About this task: The result should be every line of the listing that contains "arith".

Records for the task:
= = = =
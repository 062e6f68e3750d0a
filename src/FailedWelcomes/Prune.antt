-- ===== src/FailedWelcomes/Prune.antt =====
-- The prune of src/marmot/failed-welcomes.ts against the filter of its load.
use notestr.Prelude.{
  ℕ, ◌-◌, Text, Bool, true, false, not, Option, none, some, List, [], ◌∷◌, map, keep, any, same,
  same_refl, same_iff, ltb, ◌≡◌, refl, sym, ap, ◌∙◌, arith, Bool-cases, Option-cases, inl, inr,
  if◌then◌else◌,
}
use notestr.Prelude.Dict.{Dict, get, has, delete, IsMap, delete-IsMap}
use notestr.FailedWelcomes.{
  FailedWelcomeRecord, FailedWelcomes, keys, read_all, is_since, sort_newest, limit_to,
  load_failed_welcomes, prune_key, prune_keys, prune_older_than, dispatch_changed,
}

abbrev Table : Type 0
Table = Dict FailedWelcomeRecord

abbrev values : Table → List FailedWelcomeRecord
values m = map (λ e. e.1) m

abbrev lacks : Text → List Text → Bool
lacks j ks = not (any (λ k. same j k) ks)

lacks-keys : (j : Text) (m : Table) → has j m ≡ false → lacks j (keys m) ≡ true
unfolding keys has any
lacks-keys j [] h = refl
lacks-keys j ((k, v) ∷ m) h = ground (arith, same_iff j k, same_iff k j, lacks-keys j m)

lacks-cons :
    (j k : Text) (ks : List Text)
    → lacks j (k ∷ ks) ≡ true
    → (same j k ≡ false) × (lacks j ks ≡ true)
unfolding any
lacks-cons j k ks h = ground arith

read_all-lacks :
    (ks : List Text) (j : Text) (v : FailedWelcomeRecord) (m : Table)
    → lacks j ks ≡ true
    → read_all ks ((j, v) ∷ m) ≡ read_all ks m
unfolding read_all any get
read_all-lacks [] j v m h = refl
read_all-lacks (k ∷ ks) j v m h =
    let (other, rest) = lacks-cons j k ks h in
    elim (Option-cases (get k m)) [
      | inl n ↦ rw (other, read_all) (rw (n, read_all) (read_all-lacks ks j v m rest))
      | inr (r, e) ↦
          rw (other, read_all) (rw (e, read_all) (ap (λ rs. r ∷ rs) (read_all-lacks ks j v m rest)))
    ]

read_all-keys : (m : Table) → IsMap m → read_all (keys m) m ≡ values m
unfolding read_all keys get
read_all-keys [] once = refl
read_all-keys ((j, v) ∷ m) once =
    rw (same_refl j, read_all)
      (ap (λ rs. v ∷ rs)
        (read_all-lacks (keys m) j v m (lacks-keys j m once.0) ∙ read_all-keys m once.1))

prune_key-other :
    (cutoff : ℕ) (k j : Text) (v : FailedWelcomeRecord) (m : Table)
    → same j k ≡ false
    → prune_key cutoff k ((j, v) ∷ m) ≡ (j, v) ∷ prune_key cutoff k m
unfolding prune_key get delete
prune_key-other cutoff k j v m other = elim (Option-cases (get k m)) [
  | inl n ↦ rw (other, prune_key) (rw (n, prune_key) refl)
  | inr (r, e) ↦ elim (Bool-cases (ltb r.recorded_at cutoff)) [
    | inl old ↦ rw (other, prune_key) (rw (e, prune_key) (rw old (rw other refl)))
    | inr fresh ↦ rw (other, prune_key) (rw (e, prune_key) (rw fresh refl))
  ]
]

prune_keys-lacks :
    (cutoff : ℕ) (ks : List Text) (j : Text) (v : FailedWelcomeRecord) (m : Table)
    → lacks j ks ≡ true
    → prune_keys cutoff ks ((j, v) ∷ m) ≡ (j, v) ∷ prune_keys cutoff ks m
unfolding prune_keys any
prune_keys-lacks cutoff [] j v m h = refl
prune_keys-lacks cutoff (k ∷ ks) j v m h =
    let (other, rest) = lacks-cons j k ks h in
    ap (prune_keys cutoff ks) (prune_key-other cutoff k j v m other)
    ∙ prune_keys-lacks cutoff ks j v (prune_key cutoff k m) rest

prune_keys-IsMap :
    (cutoff : ℕ) (ks : List Text) (m : Table) → IsMap m → IsMap (prune_keys cutoff ks m)
unfolding prune_keys prune_key
prune_keys-IsMap cutoff [] m once = once
prune_keys-IsMap cutoff (k ∷ ks) m once =
    prune_keys-IsMap cutoff ks (prune_key cutoff k m) (elim (Option-cases (get k m)) [
      | inl n ↦ rw (n, prune_key) once
      | inr (r, e) ↦ elim (Bool-cases (ltb r.recorded_at cutoff)) [
        | inl old ↦ rw (e, prune_key) (rw old (delete-IsMap k m once))
        | inr fresh ↦ rw (e, prune_key) (rw fresh once)
      ]
    ])

prune_key-here :
    (cutoff : ℕ) (j : Text) (v : FailedWelcomeRecord) (m : Table)
    → prune_key cutoff j ((j, v) ∷ m) ≡ (if ltb v.recorded_at cutoff then m else (j, v) ∷ m)
unfolding prune_key get delete
prune_key-here cutoff j v m = rw (same_refl j, prune_key) (rw (same_refl j) refl)

values-prune_keys :
    (cutoff : ℕ) (m : Table)
    → IsMap m
    → values (prune_keys cutoff (keys m) m) ≡ keep (is_since cutoff) (values m)
unfolding prune_keys keys keep
values-prune_keys cutoff [] once = refl
values-prune_keys cutoff ((j, v) ∷ m) once = elim (Bool-cases (ltb v.recorded_at cutoff)) [
  | inl old ↦
      let since : is_since cutoff v ≡ false = ground arith in
      ap (λ t. values (prune_keys cutoff (keys m) t)) (prune_key-here cutoff j v m ∙ rw old refl)
      ∙ values-prune_keys cutoff m once.1
      ∙ rw since refl
  | inr fresh ↦
      let since : is_since cutoff v ≡ true = ground arith in
      ap (λ t. values (prune_keys cutoff (keys m) t)) (prune_key-here cutoff j v m ∙ rw fresh refl)
      ∙ ap values (prune_keys-lacks cutoff (keys m) j v m (lacks-keys j m once.0))
      ∙ ap (λ rs. v ∷ rs) (values-prune_keys cutoff m once.1)
      ∙ rw since refl
]

-- A load after a prune is the load before it with the age as its filter: the prune removes exactly the
-- records that are older than the given time, and no load shows anything else of it. The table holds
-- no key twice.
pub load_failed_welcomes-prune :
    (ms now : ℕ) (limit : Option ℕ) (d : FailedWelcomes)
    → IsMap d.records
    → load_failed_welcomes none limit (prune_older_than ms now d)
      ≡ load_failed_welcomes (some (now - ms)) limit d
unfolding load_failed_welcomes prune_older_than dispatch_changed
load_failed_welcomes-prune ms now limit d once =
    let pruned = prune_keys (now - ms) (keys d.records) d.records in
    ap (λ rs. limit_to limit (sort_newest rs))
      (read_all-keys pruned (prune_keys-IsMap (now - ms) (keys d.records) d.records once)
        ∙ values-prune_keys (now - ms) d.records once
        ∙ ap (keep (is_since (now - ms))) (sym (read_all-keys d.records once)))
= = = =
Completed task:
  same_refl, same_iff, ltb, ◌≡◌, refl, sym, ap, ◌∙◌, arith, Bool-cases, Option-cases, inl, inr,
lacks-keys j ((k, v) ∷ m) h = ground (arith, same_iff j k, same_iff k j, lacks-keys j m)
lacks-cons j k ks h = ground arith
      let since : is_since cutoff v ≡ false = ground arith in
      let since : is_since cutoff v ≡ true = ground arith in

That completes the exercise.